In a similar vein, when AI is used within organisations, it must be monitored and understood by a human. Even after an algorithm or AI is built, humans must be kept in the loop. They must keep track of it and avoid a ‘black box’ problem where they don’t understand how it is making decisions.
As Anna Holsgrove tells Econsultancy, rather than fearing AI, there is a lot to embrace in this collaborative future. “There are many different ways to think about AI, but we always knew that we wanted to create a positive journey that focused on the collaboration between humans and AI and inspired visitors about the opportunities that the future brings,” she says.

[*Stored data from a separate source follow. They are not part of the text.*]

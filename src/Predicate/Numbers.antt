-- ===== src/Predicate/Numbers.antt =====
-- Numeric expressions and comparison operators (`NumCmpOp` and `NumExpr` in
-- crates/cq-core/src/predicate.rs).
use cqserver.Prelude.{
  ℕ, ℤ, ◌&&◌, ◌||◌, Bool, false, not, none, some, List, [], ◌∷◌, ◌++◌, int_eq, ltb_ℤ, leb_ℤ,
  if◌then◌else◌,
}
use cqserver.Predicate.Values.{Ops, Row, as_f64}

pub data NumCmpOp : Type 0 where
  eq_op neq_op lt_op le_op gt_op ge_op : NumCmpOp

unfoldable pub apply_int : NumCmpOp → ℤ → ℤ → Bool
apply_int eq_op lhs rhs = int_eq lhs rhs
apply_int neq_op lhs rhs = not (int_eq lhs rhs)
apply_int lt_op lhs rhs = ltb_ℤ lhs rhs
apply_int le_op lhs rhs = leb_ℤ lhs rhs
apply_int gt_op lhs rhs = ltb_ℤ rhs lhs
apply_int ge_op lhs rhs = leb_ℤ rhs lhs

mutual
  pub data NumExpr (F : Type 0) : Type 0 where
    col : ℕ → NumExpr F
    lit : F → NumExpr F
    add sub mul div : NumExpr F → NumExpr F → NumExpr F
    neg abs round floor ceil : NumExpr F → NumExpr F
    coalesce : NumExprs F → NumExpr F
    null_if : NumExpr F → NumExpr F → NumExpr F
    now_micros : ℤ → NumExpr F

  pub data NumExprs (F : Type 0) : Type 0 where
    nil : NumExprs F
    cons : NumExpr F → NumExprs F → NumExprs F

module _ {F : Type 0} where
  unfoldable mutual
    -- The columns read, in order.
    pub num_columns : NumExpr F → List ℕ
    num_columns (col c) = c ∷ []
    num_columns (lit v) = []
    num_columns (add a b) = num_columns a ++ num_columns b
    num_columns (sub a b) = num_columns a ++ num_columns b
    num_columns (mul a b) = num_columns a ++ num_columns b
    num_columns (div a b) = num_columns a ++ num_columns b
    num_columns (neg x) = num_columns x
    num_columns (abs x) = num_columns x
    num_columns (round x) = num_columns x
    num_columns (floor x) = num_columns x
    num_columns (ceil x) = num_columns x
    num_columns (coalesce parts) = parts_columns parts
    num_columns (null_if a b) = num_columns a ++ num_columns b
    num_columns (now_micros t) = []

    pub parts_columns : NumExprs F → List ℕ
    parts_columns nil = []
    parts_columns (cons e parts) = num_columns e ++ parts_columns parts

module _ {F R : Type 0} (ops : Ops F R) where
  -- No comparison holds of a NaN.
  unfoldable pub apply_f64 : NumCmpOp → F → F → Bool
  apply_f64 op lhs rhs = if ops.is_nan lhs || ops.is_nan rhs then false else elim op [
    | eq_op ↦ ops.eq_f lhs rhs
    | neq_op ↦ not (ops.eq_f lhs rhs)
    | lt_op ↦ ops.lt_f lhs rhs
    | le_op ↦ ops.le_f lhs rhs
    | gt_op ↦ ops.lt_f rhs lhs
    | ge_op ↦ ops.le_f rhs lhs
  ]

  unfoldable mutual
    pub eval_num : Row F → NumExpr F → F
    eval_num row (col c) = elim (as_f64 ops (row c).value) [ some v ↦ v | none ↦ ops.nan ]
    eval_num row (lit v) = v
    eval_num row (add a b) = ops.add_f (eval_num row a) (eval_num row b)
    eval_num row (sub a b) = ops.sub_f (eval_num row a) (eval_num row b)
    eval_num row (mul a b) = ops.mul_f (eval_num row a) (eval_num row b)
    eval_num row (div a b) =
        let rhs = eval_num row b in
        let lhs = eval_num row a in if ops.eq_f rhs ops.zero_f then ops.nan else ops.div_f lhs rhs
    eval_num row (neg x) = ops.neg_f (eval_num row x)
    eval_num row (abs x) = ops.abs_f (eval_num row x)
    eval_num row (round x) = ops.round_f (eval_num row x)
    eval_num row (floor x) = ops.floor_f (eval_num row x)
    eval_num row (ceil x) = ops.ceil_f (eval_num row x)
    eval_num row (coalesce parts) = first_num row parts
    eval_num row (null_if a b) =
        let av = eval_num row a in
        let bv = eval_num row b in
        if not (ops.is_nan av) && (not (ops.is_nan bv) && ops.eq_f av bv) then ops.nan else av
    eval_num row (now_micros t) = ops.of_int t

    -- The first part that is not NaN.
    pub first_num : Row F → NumExprs F → F
    first_num row nil = ops.nan
    first_num row (cons e parts) =
        let v = eval_num row e in
        let rest = first_num row parts in if not (ops.is_nan v) then v else rest
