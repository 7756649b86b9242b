-- ===== src/Predicate/Compiled.antt =====
-- Compiled predicates and the columns that they read (`CompiledPredicate` in
-- crates/cq-core/src/predicate.rs). A HashSet is a list.
use cqserver.Prelude.{ℕ, ℤ, Bool, List, [], ◌∷◌, ◌++◌, leb, nat_eq, if◌then◌else◌}
use cqserver.Predicate.Values.{Str}
use cqserver.Predicate.Strings.{StringFn, StringExpr, string_columns}
use cqserver.Predicate.Numbers.{NumCmpOp, NumExpr, num_columns}

pub data CompiledPredicate (F R : Type 0) : Type 0 where
  eq_double : ℕ → F → CompiledPredicate F R
  neq_double : ℕ → F → CompiledPredicate F R
  lt_double : ℕ → F → CompiledPredicate F R
  le_double : ℕ → F → CompiledPredicate F R
  gt_double : ℕ → F → CompiledPredicate F R
  ge_double : ℕ → F → CompiledPredicate F R
  between_double : ℕ → F → F → CompiledPredicate F R
  eq_long : ℕ → ℤ → CompiledPredicate F R
  neq_long : ℕ → ℤ → CompiledPredicate F R
  lt_long : ℕ → ℤ → CompiledPredicate F R
  le_long : ℕ → ℤ → CompiledPredicate F R
  gt_long : ℕ → ℤ → CompiledPredicate F R
  ge_long : ℕ → ℤ → CompiledPredicate F R
  between_long : ℕ → ℤ → ℤ → CompiledPredicate F R
  eq_string : ℕ → Str → CompiledPredicate F R
  neq_string : ℕ → Str → CompiledPredicate F R
  in_string : ℕ → List Str → CompiledPredicate F R
  in_long : ℕ → List ℤ → CompiledPredicate F R
  in_double : ℕ → List ℕ → CompiledPredicate F R
  in_bool : ℕ → List Bool → CompiledPredicate F R
  eq_bool : ℕ → Bool → CompiledPredicate F R
  neq_bool : ℕ → Bool → CompiledPredicate F R
  eq_timestamp : ℕ → ℤ → CompiledPredicate F R
  neq_timestamp : ℕ → ℤ → CompiledPredicate F R
  lt_timestamp : ℕ → ℤ → CompiledPredicate F R
  le_timestamp : ℕ → ℤ → CompiledPredicate F R
  gt_timestamp : ℕ → ℤ → CompiledPredicate F R
  ge_timestamp : ℕ → ℤ → CompiledPredicate F R
  between_timestamp : ℕ → ℤ → ℤ → CompiledPredicate F R
  in_timestamp : ℕ → List ℤ → CompiledPredicate F R
  like : ℕ → R → CompiledPredicate F R
  regex : ℕ → R → CompiledPredicate F R
  eq_string_fn : ℕ → StringFn → Str → CompiledPredicate F R
  neq_string_fn : ℕ → StringFn → Str → CompiledPredicate F R
  like_string_fn : ℕ → StringFn → R → CompiledPredicate F R
  length_cmp : ℕ → NumCmpOp → ℤ → CompiledPredicate F R
  eq_string_expr : StringExpr → Str → CompiledPredicate F R
  neq_string_expr : StringExpr → Str → CompiledPredicate F R
  like_string_expr : StringExpr → R → CompiledPredicate F R
  compare_num : NumExpr F → NumCmpOp → F → CompiledPredicate F R
  between_num : NumExpr F → F → F → CompiledPredicate F R
  is_null : ℕ → CompiledPredicate F R
  is_not_null : ℕ → CompiledPredicate F R
  is_bool : ℕ → Bool → Bool → CompiledPredicate F R
  and or : CompiledPredicate F R → CompiledPredicate F R → CompiledPredicate F R
  negate : CompiledPredicate F R → CompiledPredicate F R
  always_true : CompiledPredicate F R

module _ {F R : Type 0} where
  unfoldable pub collect_referenced : CompiledPredicate F R → List ℕ
  collect_referenced (eq_double col _) = col ∷ []
  collect_referenced (neq_double col _) = col ∷ []
  collect_referenced (lt_double col _) = col ∷ []
  collect_referenced (le_double col _) = col ∷ []
  collect_referenced (gt_double col _) = col ∷ []
  collect_referenced (ge_double col _) = col ∷ []
  collect_referenced (between_double col _ _) = col ∷ []
  collect_referenced (eq_long col _) = col ∷ []
  collect_referenced (neq_long col _) = col ∷ []
  collect_referenced (lt_long col _) = col ∷ []
  collect_referenced (le_long col _) = col ∷ []
  collect_referenced (gt_long col _) = col ∷ []
  collect_referenced (ge_long col _) = col ∷ []
  collect_referenced (between_long col _ _) = col ∷ []
  collect_referenced (eq_string col _) = col ∷ []
  collect_referenced (neq_string col _) = col ∷ []
  collect_referenced (in_string col _) = col ∷ []
  collect_referenced (in_long col _) = col ∷ []
  collect_referenced (in_double col _) = col ∷ []
  collect_referenced (in_bool col _) = col ∷ []
  collect_referenced (eq_bool col _) = col ∷ []
  collect_referenced (neq_bool col _) = col ∷ []
  collect_referenced (eq_timestamp col _) = col ∷ []
  collect_referenced (neq_timestamp col _) = col ∷ []
  collect_referenced (lt_timestamp col _) = col ∷ []
  collect_referenced (le_timestamp col _) = col ∷ []
  collect_referenced (gt_timestamp col _) = col ∷ []
  collect_referenced (ge_timestamp col _) = col ∷ []
  collect_referenced (between_timestamp col _ _) = col ∷ []
  collect_referenced (in_timestamp col _) = col ∷ []
  collect_referenced (like col _) = col ∷ []
  collect_referenced (regex col _) = col ∷ []
  collect_referenced (eq_string_fn col _ _) = col ∷ []
  collect_referenced (neq_string_fn col _ _) = col ∷ []
  collect_referenced (like_string_fn col _ _) = col ∷ []
  collect_referenced (length_cmp col _ _) = col ∷ []
  collect_referenced (eq_string_expr e _) = string_columns e
  collect_referenced (neq_string_expr e _) = string_columns e
  collect_referenced (like_string_expr e _) = string_columns e
  collect_referenced (compare_num e _ _) = num_columns e
  collect_referenced (between_num e _ _) = num_columns e
  collect_referenced (is_null col) = col ∷ []
  collect_referenced (is_not_null col) = col ∷ []
  collect_referenced (is_bool col _ _) = col ∷ []
  collect_referenced (and a b) = collect_referenced a ++ collect_referenced b
  collect_referenced (or a b) = collect_referenced a ++ collect_referenced b
  collect_referenced (negate inner) = collect_referenced inner
  collect_referenced always_true = []

-- `sort_unstable` and `dedup` on the columns.
unfoldable pub insert_sorted : ℕ → List ℕ → List ℕ
insert_sorted n [] = n ∷ []
insert_sorted n (m ∷ ms) = let rest = insert_sorted n ms in if leb n m then n ∷ m ∷ ms else m ∷ rest

unfoldable pub sort : List ℕ → List ℕ
sort [] = []
sort (n ∷ ns) = insert_sorted n (sort ns)

-- Drops an element that equals the one before it.
unfoldable pub dedup_after : ℕ → List ℕ → List ℕ
dedup_after p [] = []
dedup_after p (n ∷ ns) = let rest = dedup_after n ns in if nat_eq n p then rest else n ∷ rest

unfoldable pub dedup : List ℕ → List ℕ
dedup [] = []
dedup (n ∷ ns) = n ∷ dedup_after n ns

module _ {F R : Type 0} where
  unfoldable pub referenced_columns : CompiledPredicate F R → List ℕ
  referenced_columns p = dedup (sort (collect_referenced p))
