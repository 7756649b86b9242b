-- ===== src/Predicate/Columns.antt =====
-- The list of the columns that a predicate reads: sorted, without repetitions, and complete
-- (crates/cq-core/src/predicate.rs).
use cqserver.Prelude.{
  ℕ, ◌≡◌, refl, sym, subst, List, [], ◌∷◌, inl, inr, Bool-cases, leb, nat_eq, nat_eq_iff, All,
}
use cqserver.Predicate.Compiled.{
  CompiledPredicate, collect_referenced, insert_sorted, sort, dedup_after, dedup,
  referenced_columns,
}

module _ (P : ℕ → Type 0) where
  insert_sorted-All : (n : ℕ) (ns : List ℕ) → All P (insert_sorted n ns) → P n × All P ns
  unfolding insert_sorted
  insert_sorted-All n [] a = a
  insert_sorted-All n (m ∷ ms) a = elim (Bool-cases (leb n m)) [
    | inl here ↦ let e : insert_sorted n (m ∷ ms) ≡ n ∷ m ∷ ms = rw here refl in subst (All P) e a
    | inr later ↦
        let e : insert_sorted n (m ∷ ms) ≡ m ∷ insert_sorted n ms = rw later refl in
        let b : All P (m ∷ insert_sorted n ms) = subst (All P) e a in
        let (x, c) = insert_sorted-All n ms b.1 in (x, (b.0, c))
  ]

  sort-All : (ns : List ℕ) → All P (sort ns) → All P ns
  unfolding sort
  sort-All [] a = tt
  sort-All (n ∷ ns) a = let (x, b) = insert_sorted-All n (sort ns) a in (x, sort-All ns b)

  dedup_after-All : (p : ℕ) (ns : List ℕ) → P p → All P (dedup_after p ns) → All P ns
  unfolding dedup_after
  dedup_after-All p [] x a = tt
  dedup_after-All p (n ∷ ns) x a = elim (Bool-cases (nat_eq n p)) [
    | inl again ↦
        let e : dedup_after p (n ∷ ns) ≡ dedup_after n ns = rw again refl in
        let b : All P (dedup_after n ns) = subst (All P) e a in
        let same : p ≡ n = sym ((nat_eq_iff n p).0 again) in
        let y : P n = subst P same x in (y, dedup_after-All n ns y b)
    | inr new ↦
        let e : dedup_after p (n ∷ ns) ≡ n ∷ dedup_after n ns = rw new refl in
        let b : All P (n ∷ dedup_after n ns) = subst (All P) e a in
        (b.0, dedup_after-All n ns b.0 b.1)
  ]

  dedup-All : (ns : List ℕ) → All P (dedup ns) → All P ns
  unfolding dedup
  dedup-All [] a = tt
  dedup-All (n ∷ ns) a = (a.0, dedup_after-All n ns a.0 a.1)

  pub All-referenced :
      {F R : Type 0} (p : CompiledPredicate F R)
      → All P (referenced_columns p)
      → All P (collect_referenced p)
  unfolding referenced_columns
  All-referenced p a = sort-All (collect_referenced p) (dedup-All (sort (collect_referenced p)) a)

To promote the exhibition and start a conversation around AI, the Barbican collaborated with marketing technology agency Byte to create a chatbot. Users can engage with the bot to understand AI’s impact on society in a conversational manner. As well as acting as an educational tool, it also worked as a way of gathering insights.
“The purpose of the chatbot was to make people think, but the other objective was around how the Barbican can gather people’s thoughts and feedback. The chatbot features live polls which gather data from the conversations that are taking place on the bot,” Isabel Perry, Director of Technology at Byte tells Econsultancy.